# Problem Textebenen nicht mehr veränderbar



## atomicfan (7. Februar 2006)

ich weiß zwar nicht wie ich es hingekriegt habe aber jetzt sind voneinmal die textebenen nicht mehr als solche gekennzeichnet und nicht mehr änderbar.

es sind alle normale ebenen und ich kann die texte nicht mehr anklicken um zu ändern.

bei ebene ist text grau hinterlegt und ich kann es nicht mehr anwählen.

kann mir jemand sagen wie ich das wieder rückgängig machen kann?

oder was ich gemacht habe


----------



## Leola13 (7. Februar 2006)

Hai,

a) du hast die Text Ebene gerastert
b) rückgängig = Nein


> Rastern von Textebenen
> 
> --------------------------------------------------------------------------------
> 
> ...




Ciao Stefan


----------



## atomicfan (7. Februar 2006)

hab ich probiert aber text ist dort grau und nicht anklickbar

dort kann ich nur mehr alle ebenen auswählen

rückgängig geht nicht mehr


----------



## BSE Royal (7. Februar 2006)

Natürlich kannst Du ihn nicht mehr rastern, er ist es ja bereits, wie Stefan eingangs beschrieben hat. 

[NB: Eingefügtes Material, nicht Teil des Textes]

-- ===== src/Supervisor/Orphans.antt =====
-- A stop signal in the middle of a check.
use bbjsensescada.Common.{
  ℕ, ◌≡◌, refl, Bool, true, false, ◌||◌, List, [], ◌∷◌, ◌++◌, none, some, ◌==◌, ==_iff, nat_eq,
  if◌then◌else◌, arith, map,
}
use bbjsensescada.Common.Int.{ℤ}
use bbjsensescada.Supervisor.{
  Component, started, exited, Phase, starting, waiting, checking, stopped, crashed, Manager,
  Answers, Visit, start_process, check_component, visited, turn, stop_handler, Step, take_turn, run,
  launch, rewound, loop_turn, turn_in, handled,
}
use bbjsensescada.Supervisor.Custody.{any, any-append, is_started, is_terminated, holds, all_of}
use bbjsensescada.Supervisor.Fresh.{
  Fresh, Takes, start_process-Takes, check_component-Takes, handled-Fresh, run-Fresh,
}
use bbjsensescada.Supervisor.Shutdown.{any-terminated}

-- A process that was started and that nothing has told to stop. Turns alone do not change that.
abbrev pub IsOrphan : ℕ → Manager → Type 0
IsOrphan p g = (any (is_started p) g.trace ≡ true) × (any (is_terminated p) g.trace ≡ false)

or_kept : (a b : Bool) → b ≡ true → (a || b) ≡ true
or_kept a b h = ground arith

visited-IsOrphan :
    (p : ℕ) (g : Manager) (later : List Component) (v : Visit)
    → any (is_terminated p) v.events ≡ false
    → IsOrphan p g
    → IsOrphan p (visited g later v)
visited-IsOrphan p g later v none_told (s, t) = (
  rw any-append (or_kept (any (is_started p) v.events) (any (is_started p) g.trace) s),
  rw (any-append, none_told) t,
)

loop_turn-IsOrphan :
    (p n : ℕ) (visit : Component → Visit) (cs : List Component) (g : Manager)
    → ((c : Component) → Takes n c (visit c))
    → IsOrphan p g
    → IsOrphan p (loop_turn visit cs g)
loop_turn-IsOrphan p n visit [] g takes u = u
loop_turn-IsOrphan p n visit (c ∷ later) g takes u =
    visited-IsOrphan p g later (visit c) (takes c p).0 u

woken-IsOrphan :
    (p : ℕ) (on : Bool) (g : Manager)
    → IsOrphan p g
    → IsOrphan p (if on then rewound checking g else record g { phase = stopped })
woken-IsOrphan p true g u = u
woken-IsOrphan p false g u = u

turn_in-IsOrphan :
    (p : ℕ) (A : Answers) (f : Phase) (g : Manager) → IsOrphan p g → IsOrphan p (turn_in f A g)
turn_in-IsOrphan p A starting g u =
    loop_turn-IsOrphan p g.next_process _ g.ahead g (start_process-Takes A g.next_process) u
turn_in-IsOrphan p A checking g u =
    loop_turn-IsOrphan p g.next_process _ g.ahead g (check_component-Takes A g.next_process) u
turn_in-IsOrphan p A waiting g u = woken-IsOrphan p g.running g u
turn_in-IsOrphan p A stopped g u = u
turn_in-IsOrphan p A (crashed e) g u = u

turns-IsOrphan :
    (p : ℕ) (As : List Answers) (g : Manager) → IsOrphan p g → IsOrphan p (run (map take_turn As) g)
unfolding turn
turns-IsOrphan p [] g u = u
turns-IsOrphan p (A ∷ As) g u = turns-IsOrphan p As (turn A g) (turn_in-IsOrphan p A g.phase g u)

restart-events :
    (A : Answers) (n p : ℕ) (code : ℤ) (c : Component)
    → c.process ≡ some p
    → A.exit_code ≡ some code
    → A.script_exists ≡ true
    → A.popen_error ≡ none
    → (check_component A n c).events ≡ started n ∷ exited p ∷ []
unfolding check_component start_process
restart-events A n p code c busy gone here made = rw (busy, gone, here, made) refl

restart-IsOrphan :
    (g : Manager) (c : Component) (later : List Component) (v : Visit) (n p : ℕ)
    → v.events ≡ started n ∷ exited p ∷ []
    → any (is_terminated n) g.trace ≡ false
    → IsOrphan n (visited g later v)
restart-IsOrphan g c later v n p events fresh =
    let same : (n == n) ≡ true = (==_iff n n).1 refl in rw (events, same) (refl, fresh)

stop_handler-checking : (g : Manager) → g.phase ≡ checking → stop_handler g ≡ handled g
unfolding stop_handler
stop_handler-checking g on = rw on refl

turn-checking :
    (A : Answers) (g : Manager) (c : Component) (later : List Component)
    → g.phase ≡ checking
    → g.ahead ≡ c ∷ later
    → turn A g ≡ visited g later (check_component A g.next_process c)
unfolding turn
turn-checking A g c later on here = rw (on, here) refl

any-middle :
    (p : ℕ) (cs later : List Component) (c : Component)
    → c.process ≡ some p
    → any (holds p) (cs ++ c ∷ later) ≡ true
any-middle p [] later c busy =
    let same : (p == p) ≡ true = (==_iff p p).1 refl in rw (busy, same) refl
any-middle p (d ∷ cs) later c busy =
    or_kept (holds p d) (any (holds p) (cs ++ c ∷ later)) (any-middle p cs later c busy)

or_given : (a b : Bool) → a ≡ true → (a || b) ≡ true
or_given a b h = ground arith

or_none : (a b : Bool) → (a || b) ≡ false → b ≡ false
or_none a b h = ground arith

orphaned :
    (g : Manager) (A : Answers) (As : List Answers) (c : Component) (later : List Component) (p : ℕ)
    (code : ℤ)
    → Fresh g
    → g.phase ≡ checking
    → g.ahead ≡ c ∷ later
    → c.process ≡ some p
    → A.exit_code ≡ some code
    → A.script_exists ≡ true
    → A.popen_error ≡ none
    → (any (is_terminated p) (stop_handler g).trace ≡ true)
      × IsOrphan g.next_process (run (map take_turn As) (turn A (stop_handler g)))
orphaned g A As c later p code fresh on here busy gone script made =
    let n = g.next_process in
    let held : any (holds p) (all_of g) ≡ true = rw here (any-middle p g.passed later c busy) in
    let untold = or_none _ _ (handled-Fresh g fresh n (omega arith)) in
    let events = restart-events A n p code c busy gone script made in
    rw (stop_handler-checking g on, turn-checking A (handled g) c later on here)
      (
        rw (any-terminated p (all_of g) g.trace)
            (or_given (any (holds p) (all_of g)) (any (is_terminated p) g.trace) held),
        turns-IsOrphan n As _
            (restart-IsOrphan (handled g) c later (check_component A n c) n p events untold),
      )

-- If a stop signal comes while a check still has a component ahead whose process runs, then that
-- process is told to stop, and once its exit code is there the check starts the component anew; as
-- long as no second signal comes, nothing that `main` does tells the new process to stop.
pub run-orphans :
    (before : List Step) (A : Answers) (As : List Answers) (c : Component) (later : List Component)
    (p : ℕ) (code : ℤ)
    → (run before launch).phase ≡ checking
    → (run before launch).ahead ≡ c ∷ later
    → c.process ≡ some p
    → A.exit_code ≡ some code
    → A.script_exists ≡ true
    → A.popen_error ≡ none
    → let g = run before launch in
      (any (is_terminated p) (stop_handler g).trace ≡ true)
      × IsOrphan g.next_process (run (map take_turn As) (turn A (stop_handler g)))
run-orphans before A As c later p code on here busy gone script made =
    orphaned (run before launch) A As c later p code (run-Fresh before launch (λ q h. refl)) on here
      busy gone script made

Sobald Du nicht mehr das "T" in der Ebenenminiatur siehst, ist der Text gerastert, d.h. die Vektordaten des Textes werden in Pixel umgerechnet, damit hast Du die Möglichkeit, kreativer damit zu arbeiten, aber die Editierbarkeit geht eben verloren.

Wiederherstellen kannst Du es nicht. Am Besten, die Textebene löschen und schnell neuschreiben.

Gruß,
der BSE


----------



## atomicfan (7. Februar 2006)

keine chance mehr das rückgängig zu machen?

das sind leider ziemlich viele texte, das wird eine heidenarbeit


----------



## Philip Kurz (7. Februar 2006)

Sobald die Textebenen gerastert und die Datei abgespeichert wurde ist dies leider nicht mehr rückgängig zu machen.

Nun bleibt nur noch die Bitte, dich an die Netiquette zu halten (Groß- u. Kleinschreibung).

Danke für die Aufmerksamkeit 

Philip


----------



## metty (7. Februar 2006)

Nein, keine Chance.
Hast du irgendwo ne Sicherheitskopie?

Gruß, Matthias


----------